Castle Clinton - Changing Names and Uses

Changing Names and Uses

  • West Battery was renamed Castle Clinton in 1815, its current official name, in honor of New York City Mayor Dewitt Clinton.
  • The US Army stopped using the fort in 1821 and it was leased to New York City as a place of public entertainment. It opened as Castle Garden on July 3, 1824, a name by which it was popularly known for most of its existence, even to the present time. It served in turn as a promenade, beer garden/restaurant, exhibition hall, opera house, and theater. Designed as an open-air structure it was eventually roofed over to accommodate these uses.
  • In 1850, the castle was the site of two extraordinarily successful concerts given for charity by the Swedish soprano Jenny Lind to initiate her American tour, managed by P. T. Barnum.
  • In 1851, European dancing star Lola Montez performed her notorious "tarantula dance" in Castle Garden.
  • In 1853 and 1854, the famous and very eccentric French conductor and composer of light music Louis-Antoine Jullien (1812-1860) gave dozens of very successful concerts mixing classical and light music.

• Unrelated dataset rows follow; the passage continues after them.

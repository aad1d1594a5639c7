-- ===== src/Exec/Values.antt =====
-- What Python does with a JSON value: `x.get(k)`, `x[k]`, `for y in x`, `k in x`, `len(x)`. A value
-- of the wrong type ends the step with an exception that the program does not handle.
use scylla_k8s_example.Base.{ℕ, String, List, [], ◌∷◌, Option, none, some, Bool}
use scylla_k8s_example.Base.{◌<>◌, if◌then◌else◌, string_eq, any, length}
use scylla_k8s_example.Base.Text.{has_text}
use scylla_k8s_example.Json.{Json, null, str, arr, obj, nil, end, to_list, field_names}
use scylla_k8s_example.Json.{find_field, truthy, is_text}
use scylla_k8s_example.Exec.{Event, Exec, pure, raise, crash, maybe}
use scylla_k8s_example.Exec.Emits.{Emits, Emits-pure, Emits-raise, Emits-maybe}
use scylla_k8s_example.Exec.Static.{Static, Static-pure, Static-raise, Static-maybe}
use Prim.Native.String.{count}

-- `x.get(k, v)`
unfoldable pub get_or : Json → String → Json → Exec Json
get_or (obj fs) k v = maybe (find_field k fs) (pure v) (λ x. pure x)
get_or x k v = raise (crash "AttributeError: no attribute 'get'")

-- `x.get(k)`
unfoldable pub get_key : Json → String → Exec Json
unfolding get_or
get_key x k = get_or x k null

-- `x[k]`
unfoldable pub index : Json → String → Exec Json
index (obj fs) k = maybe (find_field k fs) (raise (crash ("KeyError: " <> k))) (λ x. pure x)
index x k = raise (crash "TypeError: not subscriptable by a text")

letters : String → List Json
letters String.[] = []
letters (String.◌∷◌ c s) = str (String.◌∷◌ c "") ∷ letters s

-- `for y in x`
unfoldable pub iterate : Json → Exec (List Json)
unfolding letters
iterate (arr xs) = pure (to_list xs)
iterate (obj fs) = pure (field_names fs)
iterate (str s) = pure (letters s)
iterate x = raise (crash "TypeError: not iterable")

-- `s in x`, for a text `s`
unfoldable pub is_in : String → Json → Exec Bool
is_in s (arr xs) = pure (any (λ x. is_text x s) (to_list xs))
is_in s (obj fs) = pure (any (λ x. is_text x s) (field_names fs))
is_in s (str t) = pure (has_text s t)
is_in s x = raise (crash "TypeError: not a container")

-- `len(x)`
unfoldable pub size : Json → Exec ℕ
size (arr xs) = pure (length (to_list xs))
size (obj fs) = pure (length (field_names fs))
size (str s) = pure (count s)
size x = raise (crash "TypeError: no len()")

-- `x or []` and `x or {}`
abbrev pub or_list : Json → Json
or_list x = if truthy x then x else arr nil

abbrev pub or_dict : Json → Json
or_dict x = if truthy x then x else obj end

-- A key of a dict: a text, a value that no text equals, or an exception if it cannot be hashed.
unfoldable pub as_key : Json → Exec (Option String)
as_key (str s) = pure (some s)
as_key (arr xs) = raise (crash "TypeError: unhashable type")
as_key (obj fs) = raise (crash "TypeError: unhashable type")
as_key x = pure none

-- A value that is used as an address or a name, which is a text.
unfoldable pub as_text : Json → Exec String
as_text (str s) = pure s
as_text x = raise (crash "TypeError: not a text")

module _ {Q : Event → Type 0} where
  pub Emits-get_or : (x : Json) (k : String) (v : Json) → Emits Q (get_or x k v)
  unfolding get_or
  Emits-get_or (obj fs) k v = Emits-maybe (find_field k fs) (Emits-pure v) (λ x. Emits-pure x)
  Emits-get_or x k v = Emits-raise _

  pub Emits-get_key : (x : Json) (k : String) → Emits Q (get_key x k)
  unfolding get_key
  Emits-get_key x k = Emits-get_or x k null

  pub Emits-index : (x : Json) (k : String) → Emits Q (index x k)
  unfolding index
  Emits-index (obj fs) k = Emits-maybe (find_field k fs) (Emits-raise _) (λ x. Emits-pure x)
  Emits-index x k = Emits-raise _

  pub Emits-iterate : (x : Json) → Emits Q (iterate x)
  unfolding iterate
  Emits-iterate (arr xs) = Emits-pure _
  Emits-iterate (obj fs) = Emits-pure _
  Emits-iterate (str s) = Emits-pure _
  Emits-iterate x = Emits-raise _

  pub Emits-is_in : (s : String) (x : Json) → Emits Q (is_in s x)
  unfolding is_in
  Emits-is_in s (arr xs) = Emits-pure _
  Emits-is_in s (obj fs) = Emits-pure _
  Emits-is_in s (str t) = Emits-pure _
  Emits-is_in s x = Emits-raise _

  pub Emits-size : (x : Json) → Emits Q (size x)
  unfolding size
  Emits-size (arr xs) = Emits-pure _
  Emits-size (obj fs) = Emits-pure _
  Emits-size (str s) = Emits-pure _
  Emits-size x = Emits-raise _

  pub Emits-as_key : (x : Json) → Emits Q (as_key x)
  unfolding as_key
  Emits-as_key (str s) = Emits-pure _
  Emits-as_key (arr xs) = Emits-raise _
  Emits-as_key (obj fs) = Emits-raise _
  Emits-as_key x = Emits-pure _

  pub Emits-as_text : (x : Json) → Emits Q (as_text x)
  unfolding as_text
  Emits-as_text (str s) = Emits-pure _
  Emits-as_text x = Emits-raise _

pub ruleset values_rules = (
  Emits-get_or, Emits-get_key, Emits-index, Emits-iterate, Emits-is_in, Emits-size, Emits-as_key,
  Emits-as_text,
)

pub Static-get_or : (x : Json) (k : String) (v : Json) → Static (get_or x k v)
unfolding get_or
Static-get_or (obj fs) k v = Static-maybe (find_field k fs) (Static-pure v) (λ x. Static-pure x)
Static-get_or x k v = Static-raise _

pub Static-get_key : (x : Json) (k : String) → Static (get_key x k)
unfolding get_key
Static-get_key x k = Static-get_or x k null

pub Static-index : (x : Json) (k : String) → Static (index x k)
unfolding index
Static-index (obj fs) k = Static-maybe (find_field k fs) (Static-raise _) (λ x. Static-pure x)
Static-index x k = Static-raise _

pub Static-iterate : (x : Json) → Static (iterate x)
unfolding iterate
Static-iterate (arr xs) = Static-pure _
Static-iterate (obj fs) = Static-pure _
Static-iterate (str s) = Static-pure _
Static-iterate x = Static-raise _

pub Static-as_key : (x : Json) → Static (as_key x)
unfolding as_key
Static-as_key (str s) = Static-pure _
Static-as_key (arr xs) = Static-raise _
Static-as_key (obj fs) = Static-raise _
Static-as_key x = Static-pure _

  • In the first half of the 19th century, most immigrants arriving in New York City landed at docks on the east side of the tip of Manhattan, around South Street. On August 1, 1855, Castle Clinton became the Emigrant Landing Depot, functioning as the New York State immigrant processing facility (the nation's first such entity). It was operated by the state until April 18, 1890, when the Federal Government took over control of immigration processing, which subsequentially opened the larger and more isolated Ellis Island facility for that purpose on January 2, 1892. Most of Castle Clinton's immigrant passenger records were destroyed in a fire that consumed the first structures on Ellis Island on 15 June 1897, but it is generally accepted that over 8 million immigrants (and perhaps as many as 12 million) were processed during its operation. Called Kesselgarden by Yiddish-speaking Eastern European Jews, a "Kesselgarden" became a generic term for any situation that was noisy, confusing or chaotic. Prominent persons that were associated with the administration of the immigrant station included Gulian Crommelin Verplanck, Friedrich Kapp, and John Alexander Kennedy.

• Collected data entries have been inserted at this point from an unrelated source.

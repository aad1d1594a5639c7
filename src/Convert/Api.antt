-- ===== src/Convert/Api.antt =====
-- The REST API of one ScyllaDB node (sample_app/convert_to_tablets.py, `api` and `api_alive`).
pub mod Ends
pub mod Calls
use scylla_k8s_example.Base.{ℕ, String, ◌<>◌, Bool, true, false, Option, none, some}
use scylla_k8s_example.Base.{leb, if◌then◌else◌, string_eq, ◌==◌}
use scylla_k8s_example.Base.Text.{strip, show_nat}
use scylla_k8s_example.Json.{Json, null, str, show}
use scylla_k8s_example.Exec.{
  Method, get, post, put, delete, Route, Call, rest, Response, Event, sent, Reply, kube, review,
}
use scylla_k8s_example.Exec.{queried, slept, said, complained, asked, say, complain, sleep}
use scylla_k8s_example.Exec.{hostid_local, host_id_map, native_transport, drain, release_version}
use scylla_k8s_example.Exec.{
  endpoint_live, endpoint_down, enforce_rack_list, storage_mode, nodes_in,
}
use scylla_k8s_example.Exec.{keyspace_status, finalization}
use scylla_k8s_example.Exec.{
  Exec, pure, raise, gets, ◌>>=◌, ◌>>◌, maybe, try_catch, api_failure, send, api_error,
}
use scylla_k8s_example.Exec.Values.{get_or, values_rules, Static-get_or}
use scylla_k8s_example.Exec.Static.{Static, static_rules}
use scylla_k8s_example.Exec.Emits.{Anything, Emits, emits_rules, Emits-send, Emits-emit}

abbrev migrations : String
migrations = "/storage_service/vnode_tablet_migrations"

unfoldable pub path : Route → String
path hostid_local = "/storage_service/hostid/local"
path host_id_map = "/storage_service/host_id"
path native_transport = "/storage_service/native_transport"
path drain = "/storage_service/drain"
path release_version = "/storage_service/scylla_release_version"
path endpoint_live = "/gossiper/endpoint/live"
path endpoint_down = "/gossiper/endpoint/down"
path enforce_rack_list = "/v2/config/enforce_rack_list"
path storage_mode = migrations <> "/node/storage_mode"
path (nodes_in what) = "/storage_service/nodes/" <> what
path (keyspace_status keyspace) = migrations <> "/keyspaces/" <> keyspace
path (finalization keyspace) = migrations <> "/keyspaces/" <> keyspace <> "/finalization"

abbrev pub show_method : Method → String
show_method get = "GET"
show_method post = "POST"
show_method put = "PUT"
show_method delete = "DELETE"

-- An address in a URL, where Python writes a missing one as `None`.
abbrev pub host_text : Option String → String
host_text none = "None"
host_text (some host) = host

-- The text of an error answer: its field `message`, if its body is JSON.
unfoldable pub error_message : Response → Exec String
error_message r =
    maybe r.json (pure (strip r.text))
      λ body. do message ← get_or body "message" (str (strip r.text)); pure (show message)

-- The body of an answer, decoded if it is JSON.
unfoldable pub body_of : Response → Json
body_of r =
    if r.text == "" then null else elim r.json [ none ↦ str (strip r.text) | some body ↦ body ]

unfoldable pub answer : Method → Route → Response → Exec Json
unfolding error_message body_of
answer method route r =
    if leb 400 r.status
    then (do
      message ← error_message r
      raise (
          api_error (
            show_method method
            <> " "
            <> path route
            <> " -> "
            <> show_nat r.status
            <> ": "
            <> message)))
    else pure (body_of r)

unfoldable pub api : Method → Option String → Route → Option (String × String) → ℕ → Exec Json
unfolding answer
api method host route params timeout = do
  port ← gets (λ s. s.api_port)
  r ← send (rest method (host_text host) port route params timeout)
  answer method route r

-- `api("GET", ...)` with no parameters and the default timeout.
abbrev pub api_get : Option String → Route → Exec Json
api_get host route = api get host route none 30

unfoldable pub api_alive : String → Exec Bool
api_alive host =
    try_catch api_failure (do api get (some host) hostid_local none 5; pure true) (λ _. pure false)

module _ {Q : Event → Type 0} where
  pub Emits-error_message : (r : Response) → Emits Q (error_message r)
  unfolding error_message
  Emits-error_message r = search (emits_rules, values_rules) depth 8

  Emits-answer : (method : Method) (route : Route) (r : Response) → Emits Q (answer method route r)
  unfolding answer
  Emits-answer method route r = search (emits_rules, Emits-error_message) depth 8

  pub Emits-api :
      (method : Method) (host : Option String) (route : Route) (params : Option (String × String))
      (timeout : ℕ)
      → ((port : ℕ) (r : Reply)
          → Q (sent (rest method (host_text host) port route params timeout) r))
      → Emits Q (api method host route params timeout)
  unfolding api
  Emits-api method host route params timeout q = search (emits_rules, Emits-answer, Emits-send)

-- The calls that change nothing: `GET`, and asking what this account may do.
abbrev pub IsRead : Call → Type 0
IsRead (rest get host port route params timeout) = Unit
IsRead (rest method host port route params timeout) = ⊥
IsRead (kube get base route timeout) = Unit
IsRead (kube method base route timeout) = ⊥
IsRead (review base namespace timeout) = Unit

-- The events of a step that only looks: reads, output, sleeping and questions.
pub record Quiet (Q : Event → Type 0) : Type 0 where
  pub reads : (c : Call) (r : Reply) → IsRead c → Q (sent c r)
  pub queries : (keyspace : String) → Q (queried keyspace)
  pub sleeps : (n : ℕ) → Q (slept n)
  pub lines : (line : String) → Q (said line)
  pub complaints : (line : String) → Q (complained line)
  pub questions : (prompt : String) (line : Option String) → Q (asked prompt line)

module _ {Q : Event → Type 0} (q : Quiet Q) where
  pub Emits-api_get :
      (host : Option String) (route : Route) (params : Option (String × String)) (timeout : ℕ)
      → Emits Q (api get host route params timeout)
  Emits-api_get host route params timeout =
      Emits-api get host route params timeout (λ port r. q.reads _ r tt)

  pub Emits-api_alive : (host : String) → Emits Q (api_alive host)
  unfolding api_alive
  Emits-api_alive host = search (emits_rules, Emits-api_get) depth 8

  pub Emits-say : (line : String) → Emits Q (say line)
  Emits-say line = Emits-emit _ (q.lines line)

  pub Emits-complain : (line : String) → Emits Q (complain line)
  Emits-complain line = Emits-emit _ (q.complaints line)

  pub Emits-sleep : (n : ℕ) → Emits Q (sleep n)
  Emits-sleep n = Emits-emit _ (q.sleeps n)

pub ruleset quiet_rules = (
  emits_rules, values_rules, Emits-api_get, Emits-api_alive, Emits-say, Emits-complain, Emits-sleep,
)

Static-error_message : (r : Response) → Static (error_message r)
unfolding error_message
Static-error_message r = search (static_rules, Static-get_or) depth 8

pub Static-answer :
    (method : Method) (route : Route) (r : Response) → Static (answer method route r)
unfolding answer
Static-answer method route r = search (static_rules, Static-error_message) depth 8

pub Anything-Quiet : Quiet Anything
Anything-Quiet = record {
  reads = λ c r h. tt;
  queries = λ keyspace. tt;
  sleeps = λ n. tt;
  lines = λ line. tt;
  complaints = λ line. tt;
  questions = λ prompt line. tt;
}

  • In 1896, Castle Garden became the site of the New York City Aquarium until 1941. For many years it was the city's most popular attraction, attracting hundreds of thousands of visitors a year. The structure was extensively altered and roofed over to a height of several stories, though the original masonry fort remained.
  • In 1941 the politically powerful Park Commissioner Robert Moses wanted to tear the structure down completely, claiming that this was necessary to build a crossing from the Battery to Brooklyn. The public outcry at the loss of a popular recreation site and landmark stymied his effort at demolition, but the aquarium was closed and not replaced until Moses opened a new facility on Coney Island in 1957. See Brooklyn-Battery bridge.